Note that using the heuristic meant that DistinctItemsILP was unable to find any feasible solution within the allotted time while DistinctItemsILP without the heuristic found a solution, but one that was worse than that provided by the Karmarkar-Karp algorithm. The best way to deal with this would be to use the heuristic and then, if the MIP doesn't find a solution or finds a worse solution, to return the heuristic value.

DuplicateItemsILP performed better. With the heuristic it finds the best solution of any of the algorithms we've looked at. Running it without the heuristic gives a slight degradation in the optimal value found, but it still provides a better solution than Karmarkar-Karp.

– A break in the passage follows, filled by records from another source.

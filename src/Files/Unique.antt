-- ===== src/Files/Unique.antt =====
-- The loops over capabilities and gNMI models let no name stand twice (agent/python/ocs_agent/profile.py).
use reconfig_net_sim.Prelude.{
  ℕ, zero, suc, String, ◌≡◌, refl, ap, false, Option, none, some, List, [], ◌∷◌, arith, eq_refl,
  get_elem?,
}
use reconfig_net_sim.Value.{Value, get, plain_text}
use reconfig_net_sim.Errors.{Result}
use reconfig_net_sim.Files.Ensures.{Ensures, Ensures-bind, Ensures-weaken}
use reconfig_net_sim.Files.Objects.{is_in}
use reconfig_net_sim.Files.Capabilities.{check_each}

-- The text under a key of an object.
abbrev pub name_at : String → Value → Option String
name_at key (Value.dict f) = plain_text (get f key)
name_at key v = none

-- No two places of the list hold objects of one name.
abbrev pub HasUnique : String → List Value → Type 0
HasUnique key vs =
    (i j : ℕ) (v w : Value) (name : String)
    → get_elem? vs i ≡ some v
    → get_elem? vs j ≡ some w
    → name_at key v ≡ some name
    → name_at key w ≡ some name
    → i ≡ j

module _ (key : String) (check : List String → Value → Result String)
    (named : (names : List String) (v : Value)
      → Ensures
          (λ name. (name_at key v ≡ some name) × (is_in names name ≡ false))
          (check names v)) where
  -- None of the values has one of the names.
  abbrev AreFresh : List String → List Value → Type 0
  AreFresh names vs =
      (i : ℕ) (v : Value) (name : String)
      → get_elem? vs i ≡ some v
      → name_at key v ≡ some name
      → is_in names name ≡ false

  some-injective : (s t : String) → some s ≡ some t → s ≡ t
  some-injective s t h = cc

  pub check_each-AreFresh :
      (names : List String) (vs : List Value)
      → Ensures (λ _. AreFresh names vs × HasUnique key vs) (check_each check names vs)
  unfolding check_each
  check_each-AreFresh names [] = (λ i v name h. absurd (cc), λ i j v w name h. absurd (cc))
  check_each-AreFresh names (u ∷ vs) =
      Ensures-bind (λ _. AreFresh names (u ∷ vs) × HasUnique key (u ∷ vs))
        (λ name. (name_at key u ≡ some name) × (is_in names name ≡ false)) (check names u) _
        (named names u)
        (λ name h.
          Ensures-weaken (check_each check (name ∷ names) vs)
            (λ _ k. (fresh name h.0 h.1 k.0, unique name h.0 k.0 k.1))
            (check_each-AreFresh (name ∷ names) vs))
    where
      fresh :
          (name : String)
          → name_at key u ≡ some name
          → is_in names name ≡ false
          → AreFresh (name ∷ names) vs
          → AreFresh names (u ∷ vs)
      fresh name h new rest zero v other here called =
          let same : u ≡ v = cc in
          let equal : name ≡ other = cc (h, called, same) in rw (← equal) new
      fresh name h new rest (suc i) v other there called =
          let neither = rest i v other there called in ground arith

      clash :
          (name other : String) (v : Value)
          → some u ≡ some v
          → name_at key u ≡ some name
          → name_at key v ≡ some other
          → is_in (name ∷ names) other ≡ false
          → ⊥
      clash name other v a h c new =
          let same : u ≡ v = cc in
          let equal : name ≡ other = cc (h, c, same) in
          let test = eq_refl other in cc (rw equal at new)

      unique :
          (name : String)
          → name_at key u ≡ some name
          → AreFresh (name ∷ names) vs
          → HasUnique key vs
          → HasUnique key (u ∷ vs)
      unique name h rest more zero zero v w other a b c d = refl
      unique name h rest more (suc i) (suc j) v w other a b c d =
          ap suc (more i j v w other a b c d)
      unique name h rest more zero (suc j) v w other a b c d =
          absurd (clash name other v a h c (rest j w other b d))
      unique name h rest more (suc i) zero v w other a b c d =
          absurd (clash name other w b h d (rest i v other a c))
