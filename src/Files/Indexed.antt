-- ===== src/Files/Indexed.antt =====
-- A capability profile can be looked up by its names (agent/python/ocs_agent/profile.py).
use reconfig_net_sim.Prelude.{
  String, ◌≡◌, refl, inl, inr, false, not, some, List, [], ◌∷◌, Bool-cases, str_eq,
}
use reconfig_net_sim.Value.{Value, Fields, end, get, plain_text}
use reconfig_net_sim.Errors.{Raised, ok}
use reconfig_net_sim.Files.Ensures.{
  Ensures, Ensures-elim, Ensures-guard, Ensures-bind, Ensures-skip, Ensures-weaken,
}
use reconfig_net_sim.Files.Objects.{
  Process, is_in, items_of, object_or, list_or, text_or, load_yaml,
}
use reconfig_net_sim.Files.Capabilities.{
  check_each, check_capability, check_gnmi_model, check_gnmi, check_profile,
  load_capability_profile, gnmi_object, version_of, encoding_list, model_list, check_texts,
  bad_encodings, profile_of, model_version, capability_list, is_status, require_text, non_empty,
  non_empty_list,
}
use reconfig_net_sim.Files.Unique.{name_at, HasUnique, check_each-AreFresh}

text_or-plain : (e : Raised) (v : Value) → Ensures (λ s. plain_text v ≡ some s) (text_or e v)
text_or-plain e (Value.text s) = elim (Bool-cases (str_eq s "")) [
  | inl empty ↦ rw empty tt
  | inr full ↦ rw full refl
]
text_or-plain e v = tt

abbrev Named : String → List String → Value → String → Type 0
Named key names v name = (name_at key v ≡ some name) × (is_in names name ≡ false)

check_capability-Named :
    (names : List String) (v : Value) → Ensures (Named "id" names v) (check_capability names v)
unfolding check_capability
check_capability-Named names (Value.dict f) =
    let P = Named "id" names (Value.dict f) in
    Ensures-bind P (λ s. plain_text (get f "id") ≡ some s) (text_or _ (get f "id")) _
      (text_or-plain _ (get f "id"))
      (λ id there. Ensures-guard P (is_in names id) _ _ (λ new.
        Ensures-skip P (is_status (get f "status")) _
          (λ known. Ensures-guard P (not known) _ (ok id) (λ _. (there, new)))))
check_capability-Named names v = tt

check_gnmi_model-Named :
    (names : List String) (v : Value) → Ensures (Named "name" names v) (check_gnmi_model names v)
unfolding check_gnmi_model
check_gnmi_model-Named names (Value.dict f) =
    let P = Named "name" names (Value.dict f) in
    Ensures-bind P (λ s. plain_text (get f "name") ≡ some s) (require_text f "name") _
      (text_or-plain _ (get f "name"))
      (λ name there. Ensures-skip P (require_text f "organization") _ (λ _.
        Ensures-skip P (require_text f "version") _
          (λ _. Ensures-guard P (is_in names name) _ (ok name) (λ new. (there, new)))))
check_gnmi_model-Named names v = tt

-- The list that a value is, and the object.
abbrev pub elements : Value → List Value
elements (Value.list items) = items_of items
elements v = []

abbrev pub object : Value → Fields
object (Value.dict f) = f
object v = end

list_or-elements : (e : Raised) (v : Value) → Ensures (λ vs. elements v ≡ vs) (list_or e v)
list_or-elements e (Value.list items) = refl
list_or-elements e v = tt

non_empty_list-elements :
    (e : Raised) (v : Value) → Ensures (λ vs. elements v ≡ vs) (non_empty_list e v)
non_empty_list-elements e v =
    Ensures-bind (λ vs. elements v ≡ vs) (λ vs. elements v ≡ vs) (list_or e v) _
      (list_or-elements e v) (λ vs same. filled vs same)
  where
    filled : (vs : List Value) → elements v ≡ vs → Ensures (λ vs. elements v ≡ vs) (non_empty e vs)
    filled [] same = tt
    filled (w ∷ ws) same = same

object_or-object : (e : Raised) (v : Value) → Ensures (λ f. object v ≡ f) (object_or e v)
object_or-object e (Value.dict f) = refl
object_or-object e v = tt

check_gnmi-HasUnique :
    (v : Value)
    → Ensures (λ _. HasUnique "name" (elements (get (object v) "models"))) (check_gnmi v)
unfolding check_gnmi
check_gnmi-HasUnique v =
    let P = λ (_ : Unit {0}). HasUnique "name" (elements (get (object v) "models")) in
    Ensures-bind P (λ f. object v ≡ f) (gnmi_object v) _ (object_or-object _ v)
      (λ f same. Ensures-skip P (version_of f) _ (λ _.
        Ensures-skip P (encoding_list f) _ (λ encodings.
          Ensures-skip P (check_texts bad_encodings encodings) _ (λ _.
            Ensures-bind P (λ vs. elements (get f "models") ≡ vs) (model_list f) _
              (non_empty_list-elements _ (get f "models"))
              (λ models listed.
                rw (same, listed)
                  (Ensures-weaken (check_each check_gnmi_model [] models) (λ _ h. h.1)
                    (check_each-AreFresh "name" check_gnmi_model check_gnmi_model-Named []
                      models)))))))

-- What a capability profile that loads promises to whoever looks a name up in it.
abbrev pub IsIndexed : Fields → Type 0
IsIndexed file =
    HasUnique "id" (elements (get file "capabilities"))
    × HasUnique "name" (elements (get (object (get file "gnmi")) "models"))

check_profile-IsIndexed : (file : Fields) → Ensures IsIndexed (check_profile file)
unfolding check_profile
check_profile-IsIndexed file = Ensures-skip IsIndexed (profile_of file) _ (λ _.
    Ensures-skip IsIndexed (model_version file) _ (λ _.
      Ensures-bind IsIndexed (λ vs. elements (get file "capabilities") ≡ vs) (capability_list file)
        _ (list_or-elements _ (get file "capabilities"))
        (λ capabilities listed.
          Ensures-bind IsIndexed (λ _. HasUnique "id" capabilities)
            (check_each check_capability [] capabilities) _
            (Ensures-weaken (check_each check_capability [] capabilities) (λ _ h. h.1)
              (check_each-AreFresh "id" check_capability check_capability-Named [] capabilities))
            (λ _ ids.
              Ensures-bind IsIndexed
                (λ _. HasUnique "name" (elements (get (object (get file "gnmi")) "models")))
                (check_gnmi (get file "gnmi")) _ (check_gnmi-HasUnique (get file "gnmi"))
                (λ _ models. (rw listed ids, models))))))

-- In a capability profile that loads, no two capabilities have one id, and no two gNMI models one name.
pub load_capability_profile-IsIndexed :
    (process : Process) (path : String) (file : Fields)
    → load_capability_profile process path ≡ ok file
    → IsIndexed file
unfolding load_capability_profile
load_capability_profile-IsIndexed process path file =
    Ensures-elim IsIndexed (load_capability_profile process path) file
      (Ensures-skip IsIndexed (load_yaml process path) check_profile check_profile-IsIndexed)
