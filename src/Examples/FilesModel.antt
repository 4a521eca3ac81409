-- ===== src/Examples/FilesModel.antt =====
-- The definitions that a run of the loading of files computes.
use reconfig_net_sim.Inventory.{port_slot}
use reconfig_net_sim.Connection.{make_connection}
use reconfig_net_sim.Files.Objects.{sorted_names, refuse_unknown, load_yaml}
use reconfig_net_sim.Files.Model.{
  port_of, ports_of, connection_of, connections_of, load_inventory, load_connections, model_of,
  load_model,
}
use reconfig_net_sim.Files.Capabilities.{
  check_each, check_capability, check_gnmi_model, check_gnmi, check_profile,
  load_capability_profile,
}
use reconfig_net_sim.Files.Endpoints.{
  check_port, check_access_log, listener, positive_number, worker_target, go_binary,
}
use reconfig_net_sim.Files.Config
use reconfig_net_sim.Files.Config.{
  one_of, backend_name, control_seconds, settings_of, config_of, load_agent_config,
}
use reconfig_net_sim.Files.Deployment.{deployment_profile, resolve}

unfoldable pub files_model : Unit {0}
unfolding port_slot make_connection sorted_names refuse_unknown load_yaml port_of ports_of
    connection_of connections_of load_inventory load_connections model_of load_model check_each
    check_capability check_gnmi_model check_gnmi check_profile load_capability_profile check_port
    check_access_log listener positive_number worker_target go_binary deployment_profile resolve
    one_of Config.consistency_mode Config.startup_policy backend_name control_seconds
    Config.endpoint settings_of config_of load_agent_config
files_model = tt
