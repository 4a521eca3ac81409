-- ===== src/Examples/Files.antt =====
-- The theorems on files, applied to a small configuration.
use reconfig_net_sim.Prelude.{
  String, Bool, ◌≡◌, refl, true, false, none, some, str_eq, if◌then◌else◌,
}
use reconfig_net_sim.Value.{Value, nil, cons, Fields, end, field}
use reconfig_net_sim.Errors.{Result, ok, err, Raised}
use reconfig_net_sim.Files.Objects.{Process}
use reconfig_net_sim.Files.Capabilities.{load_capability_profile}
use reconfig_net_sim.Files.Config.{AgentConfig, load_agent_config}
use reconfig_net_sim.Files.Accepted.{IsAccepted, load_agent_config-IsAccepted}
use reconfig_net_sim.Files.Indexed.{IsIndexed, load_capability_profile-IsIndexed}
use reconfig_net_sim.Examples.Model.{model}
use reconfig_net_sim.Examples.FilesModel.{files_model}

abbrev word : String → Value
word s = Value.text s

abbrev one : Value → Value
one v = Value.list (cons v nil)

abbrev component : String → Value
component name = Value.dict (field "name" (word name) end)

abbrev model_file : Fields
model_file = field "profile" (word "p4app-v1") (
    field "openconfig-platform:components"
      (Value.dict (
        field "component" (Value.list (cons (component "port-1") (cons (component "port-2") nil)))
          end))
      (field "oc-optical-switch-connections:optical-switch-connections"
        (Value.dict (
          field "port-connection"
            (one (
              Value.dict (
                field "connection-name" (word "first") (
                  field "near-port-name" (word "port-1")
                    (field "far-port-name" (word "port-2") end)))))
            end))
        end))

abbrev gnmi : Fields
gnmi = field "version" (word "0.8.0") (
    field "encodings" (one (word "JSON_IETF")) (
      field "models"
        (one (
          Value.dict (
            field "name" (word "m")
              (field "organization" (word "o") (field "version" (word "1") end)))))
        end))

abbrev capability_file : Fields
capability_file = field "profile" (word "p4app-v1") (
    field "model-version" (word "1") (
      field "capabilities"
        (one (Value.dict (field "id" (word "a") (field "status" (word "SUPPORTED") end))))
        (field "gnmi" (Value.dict gnmi) end)))

abbrev config_file : String → Fields
config_file policy = field "deployment_profile" (word "python-monolith-http-direct") (
    field "model_file" (word "model.yaml") (
      field "capability_profile_file" (word "/etc/capabilities.yaml")
        (field "startup_policy" (word policy) end)))

abbrev process : String → Process
process policy = record {
  has_yaml = true;
  yaml = λ path.
      if str_eq path "/etc/model.yaml"
      then some (ok (Value.dict model_file))
      else if str_eq path "/etc/capabilities.yaml"
      then some (ok (Value.dict capability_file))
      else none;
  json = λ path. ok (Value.dict (config_file policy));
  abspath = λ path. path;
  dirname = λ path. "/etc";
  environ = λ name. none;
}

loaded : (c : AgentConfig) × (load_agent_config (process "REQUIRE_MATCH") "/etc/agent.json" ≡ ok c)
unfolding model files_model
loaded = (_, refl)

load_agent_config-IsAccepted_example : IsAccepted loaded.0
load_agent_config-IsAccepted_example =
    load_agent_config-IsAccepted (process "REQUIRE_MATCH") "/etc/agent.json" loaded.0 loaded.1

capability_file_ok :
    load_capability_profile (process "REQUIRE_MATCH") "/etc/capabilities.yaml" ≡ ok capability_file
unfolding model files_model
capability_file_ok = refl

load_capability_profile-IsIndexed_example : IsIndexed capability_file
load_capability_profile-IsIndexed_example =
    load_capability_profile-IsIndexed (process "REQUIRE_MATCH") "/etc/capabilities.yaml"
      capability_file capability_file_ok

-- An unknown startup policy is a ValueError.
abbrev is_value_error : {A : Type 0} → Result A → Bool
is_value_error (err (Raised.bad_value m)) = true
is_value_error r = false

unknown_policy_test : is_value_error (load_agent_config (process "NEVER") "/etc/agent.json") ≡ true
unfolding model files_model
unknown_policy_test = refl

Again, running with the heuristic and returning the best value between the heuristic and the MIP is a good way to handle this.

Local Search

We used Karmarkar-Karp as a heuristic to get an upper bound for the MIP solvers. The MIP solvers are exact, but can take a long time to run. An alternative method for improving the results of Karmarkar-Karp or any other solver than doesn't return an optimal solution is to randomly swap numbers between sets accepting only those swaps that improve the solution. We can implement this for Karmarkar-Karp like so:

def SwapSearchFromExisting(sets: List[List[float]]) -> ResultType:
  def good_swap(set_ai: int, set_bi: int, aval: Optional[float], bval: Optional[float]):
    nonlocal set_sums, max_sum
    test_sums = set_sums.copy()
    test_sums[set_ai] = test_sums[set_ai] - (aval if aval else 0) + (bval if bval else 0)
    test_sums[set_bi] = test_sums[set_bi] + (aval if aval else 0) - (bval if bval else 0)
    if max(test_sums) < max_sum:
      set_sums = test_sums
      max_sum = max(test_sums)
      return True
    return False
  set_sums: List[float] = [sum(x) for x in sets]
  max_sum: float = max(set_sums)
  for _ in range(100000):
    set_ai = random.randint(0, len(sets)-1)
    set_bi = random.randint(0, len(sets)-1)
    set_a = sets[set_ai]
    set_b = sets[set_bi]
    item_a = random.randint(0, len(set_a)-1) if len(set_a)>0 else None
    item_b = random.randint(0, len(set_b)-1) if len(set_b)>0 else None
    if item_a and item_b and good_swap(set_ai, set_bi, set_a[item_a], set_b[item_b]):
      set_a[item_a], set_b[item_b] = set_b[item_b], set_a[item_a]
    elif item_a and good_swap(set_ai, set_bi, set_a[item_a], None):
      set_b.append(set_a[item_a])
      set_a.pop(item_a)
    elif item_b and good_swap(set_ai, set_bi, None, set_b[item_b]):
      set_a.append(set_b[item_b])
      set_b.pop(item_b)
  return sets, set_sums
sets, set_sums = SwapSearchFromExisting(KarmarkarKarp(numbers, num_sets)[0])
print(f"SwapSearchFromExisting: {set_sums}, max={max(set_sums)}")

This gives us

SwapSearchFromExisting
    [9.704991039048654, 9.704676654571143, 9.704761244535712, 9.704787373425246, 9.704857893204878]
    max = 9.704991039048654

This is slightly worse than the MIP solver but took a fraction of the time.